In [1]:
from pyspark.sql import SparkSession
from pyspark.ml.feature import VectorAssembler

In [2]:
# Example: Linear Regression with Spark MLlib
from pyspark.ml.regression import LinearRegression

# Initialize Spark Session
spark = SparkSession.builder.appName('MLlib Example').getOrCreate()

# Load sample data
data = [(1, 5.0, 20.0), (2, 10.0, 25.0), (3, 15.0, 30.0), (4, 20.0, 35.0)]
columns = ['ID', 'Feature', 'Target']
df = spark.createDataFrame(data, columns)

# Prepare data for modeling
assembler = VectorAssembler(inputCols=['Feature'], outputCol='Features')
df_transformed = assembler.transform(df)

# Train a linear regression model
lr = LinearRegression(featuresCol='Features', labelCol='Target')
model = lr.fit(df_transformed)

# Print model coefficients
print(f'Coefficients: {model.coefficients}')
print(f'Intercept: {model.intercept}')

24/12/12 13:30:09 WARN Utils: Your hostname, codespaces-bb4c13 resolves to a loopback address: 127.0.0.1; using 10.0.0.237 instead (on interface eth0)
24/12/12 13:30:09 WARN Utils: Set SPARK_LOCAL_IP if you need to bind to another address
Setting default log level to "WARN".
To adjust logging level use sc.setLogLevel(newLevel). For SparkR, use setLogLevel(newLevel).
24/12/12 13:30:09 WARN NativeCodeLoader: Unable to load native-hadoop library for your platform... using builtin-java classes where applicable
24/12/12 13:30:16 WARN Instrumentation: [50894ff4] regParam is zero, which might cause numerical instability and overfitting.
24/12/12 13:30:18 WARN InstanceBuilder: Failed to load implementation from:dev.ludovic.netlib.blas.JNIBLAS
24/12/12 13:30:18 WARN InstanceBuilder: Failed to load implementation from:dev.ludovic.netlib.blas.VectorBLAS
24/12/12 13:30:18 WARN InstanceBuilder: Failed to load implementation from:dev.ludovic.netlib.lapack.JNILAPACK


Coefficients: [0.9999999999999992]
Intercept: 15.000000000000009


24/12/12 13:30:23 WARN GarbageCollectionMetrics: To enable non-built-in garbage collector(s) List(G1 Concurrent GC), users should configure it(them) to spark.eventLog.gcMetrics.youngGenerationGarbageCollectors or spark.eventLog.gcMetrics.oldGenerationGarbageCollectors


In [3]:
# Practice: Logistic Regression
from pyspark.ml.classification import LogisticRegression

# Inisialisasi SparkSession
spark = SparkSession.builder.appName("LogisticRegressionExample").getOrCreate()

# Contoh dataset
data = [(1, 2.0, 3.0, 0), (2, 1.0, 5.0, 1), (3, 2.5, 4.5, 1), (4, 3.0, 6.0, 0)]
columns = ['ID', 'Feature1', 'Feature2', 'Label']
df = spark.createDataFrame(data, columns)

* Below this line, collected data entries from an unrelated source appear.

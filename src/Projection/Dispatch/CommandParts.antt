-- ===== src/Projection/Dispatch/CommandParts.antt =====
-- The parts of a command among the events of web/src/lib/assistant-projection.ts, and what they add
-- to the command's bucket.
use mathlib.Core.List.{append_assoc, append-nil}
use codex_mcp_ui.Common.{
  String, ◌≡◌, refl, sym, ap, ◌∙◌, Bool, true, false, not, ◌&&◌, Option, none, some, List, [], ◌∷◌,
  ◌++◌, ◌==◌, arith, if◌then◌else◌, select, value_or,
}
use codex_mcp_ui.Common.{last_after, last_after-select, select-cons}
use codex_mcp_ui.Event.{EventRecord}
use codex_mcp_ui.Projection.Access.{bucket_id}
use codex_mcp_ui.Projection.Parts.{ExecBucket}
use codex_mcp_ui.Projection.Buckets.{empty_exec}
use codex_mcp_ui.Projection.Switch.{Case, case_of}
use codex_mcp_ui.Projection.Dispatch.{is_skipped}

-- What a command's events are.
pub data CommandPart : Type 0 where
  begin output interaction end : CommandPart

abbrev pub part_of : Case → Option CommandPart
part_of Case.exec_begin = some begin
part_of Case.exec_output = some output
part_of Case.exec_interaction = some interaction
part_of Case.exec_end = some end
part_of _ = none

abbrev is_part : CommandPart → Option CommandPart → Bool
is_part begin (some begin) = true
is_part output (some output) = true
is_part interaction (some interaction) = true
is_part end (some end) = true
is_part _ _ = false

-- The events of a command with a bucket id that are such a part of it.
abbrev pub is_command : CommandPart → String → EventRecord → Bool
is_command part id e =
    not (is_skipped e) && (is_part part (part_of (case_of e.event_type)) && bucket_id e == id)

-- A bucket of what there is.
abbrev pub command_met :
    Option EventRecord
    → List EventRecord
    → List EventRecord
    → Option EventRecord
    → Option ExecBucket
command_met none [] [] none = none
command_met b os ts e = some (record { begin = b; outputs = os; interactions = ts; end = e })

pub value_or-command_met :
    (b : Option EventRecord) (os ts : List EventRecord) (e : Option EventRecord)
    → value_or (command_met b os ts e) empty_exec
      ≡ record { begin = b; outputs = os; interactions = ts; end = e }
value_or-command_met none [] [] none = refl
value_or-command_met none [] [] (some x) = refl
value_or-command_met none [] (t ∷ ts) e = refl
value_or-command_met none (o ∷ os) ts e = refl
value_or-command_met (some x) os ts e = refl

-- The tables under an id: what there was, and the parts that an event adds.
pub record Held : Type 0 where
  pub b : Option EventRecord
  pub os : List EventRecord
  pub ts : List EventRecord
  pub e : Option EventRecord

abbrev pub bucket_of : Held → Option ExecBucket
bucket_of h = command_met h.b h.os h.ts h.e

abbrev pub add : EventRecord → Option CommandPart → Held → Held
add event none h = h
add event (some begin) h = record h { b = some event }
add event (some output) h = record h { os = h.os ++ event ∷ [] }
add event (some interaction) h = record h { ts = h.ts ++ event ∷ [] }
add event (some end) h = record h { e = some event }

abbrev pub add_if : Bool → EventRecord → Option CommandPart → Held → Held
add_if c event part h = if c then add event part h else h

-- A bucket with an event in it is there.
pub met_some :
    (event : EventRecord) (part : CommandPart) (b : Option EventRecord) (os ts : List EventRecord)
    (e : Option EventRecord)
    → let h = add event (some part) (record { b = b; os = os; ts = ts; e = e }) in
      some (record { begin = h.b; outputs = h.os; interactions = h.ts; end = h.e }) ≡ bucket_of h
met_some event begin b os ts e = refl
met_some event output (some x) os ts e = refl
met_some event output none [] ts e = refl
met_some event output none (o ∷ os) ts e = refl
met_some event interaction (some x) os ts e = refl
met_some event interaction none (o ∷ os) ts e = refl
met_some event interaction none [] [] e = refl
met_some event interaction none [] (t ∷ ts) e = refl
met_some event end (some x) os ts e = refl
met_some event end none (o ∷ os) ts e = refl
met_some event end none [] (t ∷ ts) e = refl
met_some event end none [] [] e = refl

-- What the loop does for an event, under an id.
unfoldable pub noted : Bool → Bool → EventRecord → Option CommandPart → Held → Held
noted s c event part h = if s then h else add_if c event part h

unfoldable pub note : String → EventRecord → Held → Held
note id event h =
    noted (is_skipped event) (bucket_id event == id) event (part_of (case_of event.event_type)) h

unfoldable pub note_all : String → List EventRecord → Held → Held
note_all id [] h = h
note_all id (e ∷ es) h = note_all id es (note id e h)

noted-b :
    (s c : Bool) (event : EventRecord) (part : Option CommandPart) (h : Held)
    → (noted s c event part h).b ≡ (if not s && (is_part begin part && c) then some event else h.b)
unfolding noted
noted-b s c event none h = ground arith
noted-b s c event (some begin) h = ground arith
noted-b s c event (some output) h = ground arith
noted-b s c event (some interaction) h = ground arith
noted-b s c event (some end) h = ground arith

noted-e :
    (s c : Bool) (event : EventRecord) (part : Option CommandPart) (h : Held)
    → (noted s c event part h).e ≡ (if not s && (is_part end part && c) then some event else h.e)
unfolding noted
noted-e s c event none h = ground arith
noted-e s c event (some begin) h = ground arith
noted-e s c event (some output) h = ground arith
noted-e s c event (some interaction) h = ground arith
noted-e s c event (some end) h = ground arith

noted-os :
    (s c : Bool) (event : EventRecord) (part : Option CommandPart) (h : Held)
    → (noted s c event part h).os
      ≡ (h.os ++ (if not s && (is_part output part && c) then event ∷ [] else []))
unfolding noted
noted-os s c event none h = ground (arith, append-nil h.os)
noted-os s c event (some begin) h = ground (arith, append-nil h.os)
noted-os s c event (some output) h = ground (arith, append-nil h.os)
noted-os s c event (some interaction) h = ground (arith, append-nil h.os)
noted-os s c event (some end) h = ground (arith, append-nil h.os)

noted-ts :
    (s c : Bool) (event : EventRecord) (part : Option CommandPart) (h : Held)
    → (noted s c event part h).ts
      ≡ (h.ts ++ (if not s && (is_part interaction part && c) then event ∷ [] else []))
unfolding noted
noted-ts s c event none h = ground (arith, append-nil h.ts)
noted-ts s c event (some begin) h = ground (arith, append-nil h.ts)
noted-ts s c event (some output) h = ground (arith, append-nil h.ts)
noted-ts s c event (some interaction) h = ground (arith, append-nil h.ts)
noted-ts s c event (some end) h = ground (arith, append-nil h.ts)

pub note_all-b :
    (id : String) (es : List EventRecord) (h : Held)
    → (note_all id es h).b ≡ last_after h.b (select (is_command begin id) es)
unfolding note_all note
note_all-b id [] h = refl
note_all-b id (x ∷ es) h =
    note_all-b id es (note id x h)
    ∙ ap (λ o. last_after o (select (is_command begin id) es)) (noted-b _ _ x _ h)
    ∙ sym (last_after-select (is_command begin id) h.b x es)

pub note_all-e :
    (id : String) (es : List EventRecord) (h : Held)
    → (note_all id es h).e ≡ last_after h.e (select (is_command end id) es)
unfolding note_all note
note_all-e id [] h = refl
note_all-e id (x ∷ es) h =
    note_all-e id es (note id x h)
    ∙ ap (λ o. last_after o (select (is_command end id) es)) (noted-e _ _ x _ h)
    ∙ sym (last_after-select (is_command end id) h.e x es)

pub note_all-os :
    (id : String) (es : List EventRecord) (h : Held)
    → (note_all id es h).os ≡ h.os ++ select (is_command output id) es
unfolding note_all note
note_all-os id [] h = sym (append-nil h.os)
note_all-os id (x ∷ es) h =
    note_all-os id es (note id x h)
    ∙ ap (λ l. l ++ select (is_command output id) es) (noted-os _ _ x _ h)
    ∙ append_assoc h.os _ _
    ∙ ap (λ l. h.os ++ l) (sym (select-cons (is_command output id) x es))

pub note_all-ts :
    (id : String) (es : List EventRecord) (h : Held)
    → (note_all id es h).ts ≡ h.ts ++ select (is_command interaction id) es
unfolding note_all note
note_all-ts id [] h = sym (append-nil h.ts)
note_all-ts id (x ∷ es) h =
    note_all-ts id es (note id x h)
    ∙ ap (λ l. l ++ select (is_command interaction id) es) (noted-ts _ _ x _ h)
    ∙ append_assoc h.ts _ _
    ∙ ap (λ l. h.ts ++ l) (sym (select-cons (is_command interaction id) x es))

# mengubah kolom feature1 dan feature2 menjadi vector
assembler = VectorAssembler(inputCols=['Feature1', 'Feature2'], outputCol='Features')
df = assembler.transform(df)

# melatih model
lr = LogisticRegression(featuresCol='Features', labelCol='Label')
model = lr.fit(df)

# menampilkan hasil
print(f'Coefficients: {model.coefficients}')
print(f'Intercept: {model.intercept}')

24/12/12 13:30:25 WARN SparkSession: Using an existing Spark session; only runtime SQL configurations will take effect.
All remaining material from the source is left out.